Potential meet one night this week...

mattb to post out details soon...


----------



## bigsyd

tony_rigby_uk said:


> Potential meet one night this week...
> 
> mattb to post out details soon...


goooooood pls not a thursday :-* :-* :-*


----------



## tony_rigby_uk

bigsyd said:


> goooooood pls not a thursday :-* :-* :-*


matt can't do thursday so i'm sure it'll be another day.. 

and what was you at awesome for on sat?


----------



## Matt B

I was thinking maybe Tuesday or Wedesday. I usually play footy 6-7 on a Wed night but dont mind rocking up a little late.

Will start another thread, but was thinking maybe the Wiggin tree on the top of Parbold hill.


----------



## V6RUL

Matt B said:


> I was thinking maybe Tuesday or Wedesday. I usually play footy 6-7 on a Wed night but dont mind rocking up a little late.
> 
> Will start another thread, but was thinking maybe the Wiggin tree on the top of Parbold hill.


ok. anytime
steve


----------



## ImolaTT

i dont think its called the wiggin tree anymore came passed last week and it was something else but cant remember what


----------



## Matt B

ImolaTT said:


> i dont think its called the wiggin tree anymore came passed last week and it was something else but cant remember what


Website still exists

http://www.millerandcarter.co.uk/thewiggintreeparbold/


----------



## tony_rigby_uk

so when ya looking at.... any day is good for me matey...


----------



## tony_rigby_uk

tuesday 7:30 ??????


----------



## tony_rigby_uk

tuesday ??????
7:30 ??????
wigan Tree ??????


----------



## bigsyd

Good for me

Sent from my iPhone using Tapatalk


----------



## tony_rigby_uk

bigsyd said:


> Good for me
> 
> Sent from my iPhone using Tapatalk


Good I need to catch up and speak to you syd... !!!

ok so 7:30 tomorrow at the wigan tree folks... !!! (directions as per matts link)


----------



## bignphil

Am I welcome to bob along tomorrow and have a nosey at your cars?

I'm looking at Mk 1 TT's with a view to purchasing one asap and am keen to view as many as possible to gain an understanding of what standard I should be looking for for my money. :?

What time do you stay till or do you go off on a drive?

Cheers,

Phil (wannabe TT owner looking for 'the one')


----------



## Mark Davies

I'm up for that.

Phil, you're more than welcome to come and take a look at the cars and discuss anything you need to know.
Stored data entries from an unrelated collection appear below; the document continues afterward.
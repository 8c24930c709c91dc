-- ===== src/Timer/Tests.antt =====
-- Two timers, the first one due at the next tick, and the theorems there.
use ex_os.Base.{
  ℕ, ◌+◌, ◌/◌, ◌%◌, ◌^◌, ◌≡◌, ◌≢◌, refl, some, [], ◌∷◌, ◌++◌, map, arith, ◌==◌, if◌then◌else◌,
}
use ex_os.LinkedList.Loops.{has}
use ex_os.Thread.Ready.{occurs}
use ex_os.Timer.{
  timer_running, Timer, set_event, reset_event, tick_prepare, Timers, first_wait, tick_handler,
  add_timer, create, enqueue, uptime,
}
use ex_os.Timer.Rounds.{expired, left, ticked}
use ex_os.Timer.Ticks.{tick_handler-Ticked}
use ex_os.Timer.Skips.{tick_handler_skips}
use ex_os.Timer.Seconds.{uptimes, at_start, sum, uptimes_lem}

abbrev pair : ℕ → ℕ → Timer
pair period x =
    if x == 1
    then record { state = timer_running; period = period; time = 1 }
    else record { state = timer_running; period = 0; time = 5 }

-- The first timer has the period.
abbrev two_timers : ℕ → Timers
two_timers period = record { timers = pair period; queue = 1 ∷ 2 ∷ []; ticks = 7 }

tick_handler-Ticked_example :
    (t' : Timers) × (wait : ℕ) × (tick_handler 2 1 (two_timers 0)
      ≡ some (t', map set_event (expired 1 (pair 0) (1 ∷ 2 ∷ [])) ++ (tick_prepare 1 wait ∷ [])))
    × (t'.queue ≡ left 1 (pair 0) (1 ∷ 2 ∷ []))
    × ((x : ℕ) → t'.timers x ≡ (if has x (1 ∷ 2 ∷ []) then ticked 1 (pair 0 x) else pair 0 x))
    × (t'.ticks ≡ 8)
    × (first_wait t'.timers t'.queue ≡ some wait)
unfolding occurs
tick_handler-Ticked_example =
    tick_handler-Ticked 2 1 (two_timers 0) (omega arith) (λ x. ground arith)
      ((λ h. refl), ((λ h. refl), tt))

tick_handler_skips_example :
    (t' : Timers) × (wait : ℕ) × (tick_handler 2 1 (two_timers 10)
      ≡ some (t', reset_event 1 ∷ tick_prepare 1 wait ∷ []))
    × (t'.queue ≡ (2 ∷ []) ++ (1 ∷ []))
    × ((x : ℕ) → x ≢ 1 → t'.timers x ≡ pair 10 x)
    × (t'.ticks ≡ 8)
unfolding occurs
tick_handler_skips_example =
    tick_handler_skips 1 1 (two_timers 10) 1 (2 ∷ []) refl refl (omega arith) (omega arith)
      (omega arith, tt) (omega arith, tt)

-- 4 seconds of ticks, asked for three times.
uptimes_lem_example :
    (uptime ((sum (999 ∷ 2 ∷ []) + 3500) % 2 ^ 32) (uptimes at_start 0 (999 ∷ 2 ∷ []))).seconds
    ≡ (sum (999 ∷ 2 ∷ []) + 3500) / 1000
unfolding sum
uptimes_lem_example =
    uptimes_lem (999 ∷ 2 ∷ []) 3500 (omega arith, (omega arith, tt)) (omega arith) (omega arith)

-- A new timer goes behind those that are due no later.
in_between :
    (t : Timers) × (create 5 0 (two_timers 0) 3 4 0 ≡ some (t, [])) × (t.queue ≡ 1 ∷ 3 ∷ 2 ∷ [])
unfolding create add_timer enqueue
in_between = (_, refl, refl)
We'd normally be hanging about for at least 30-45 minutes before going anywhere, so as long as you roll up by 8.00pm you should be fine.

(And well impressed that you've joined the club before even buying a car - good man!  )


----------



## bignphil

Mark Davies said:


> (And well impressed that you've joined the club before even buying a car - good man!  )


It was the tax disc holder that swung it for me :wink:


----------



## tony_rigby_uk

Yeah welcome to the club...  obviously with it being pretty late notice, i imagine there won't be a parrade of 15+ TT's like usual.. but i'm sure there will be 4or5 very nice examples to drool over.... (mine not being one of them :lol: :lol: it's always dirty)


----------



## V6RUL

Phil, a present of a lifetime has just landed on your doorstep. My GF wont be coming tomoz so you can ride shotgun with me and i will ensure you get back to your car later on.
Ive only got a heavy lump of a V6 so you may not be impressed, but the offers there if you fancy putting up with the slowness, undoubtably your after a 1.8 four pot thingy so it would be good if you exhaust the possibility of being able to cope with a V6..  
By the way, tax is the same on a 1.8 and V6.
Steve


----------



## tony_rigby_uk

does that mean your joining us steve?


----------



## TT5 4 JON

good, will be able to make this one as i missed last week and need to catch up on the gossip. that'll make two big v6 lumps there steve m8.


----------



## tony_rigby_uk

New Thread !!! http://www.********.co.uk/forum/viewtopic.php?f=3&t=178194


----------



## V6RUL

tony_rigby_uk said:


> does that mean your joining us steve?


doh.. :roll: 
I can only plan stuff on a day to day basis at the mo cos work may take me away at a moments notice but i will be around tomoz night.
Steve


----------



## bignphil

stevecollier said:


> Phil, a present of a lifetime has just landed on your doorstep. My GF wont be coming tomoz so you can ride shotgun with me and i will ensure you get back to your car later on.
> Ive only got a heavy lump of a V6 so you may not be impressed, but the offers there if you fancy putting up with the slowness, undoubtably your after a 1.8 four pot thingy so it would be good if you exhaust the possibility of being able to cope with a V6..
> By the way, tax is the same on a 1.8 and V6.
> Steve


----------



## les

The next scheduled meet is on due on Wednesday the 4th August. Now what do peeps want to do as we have had a few suggestions to rotate or move around the meeting place? Maybe I should run a pole however the only problem with that is some non NW crew may vote who don't attend our meets. 
From what I have gleamed we have a number of choices and suggestions .
1/ Return to the Sandpiper
2/ Hold it at the Millstone.
3/ Hold it at another venue all together within the region.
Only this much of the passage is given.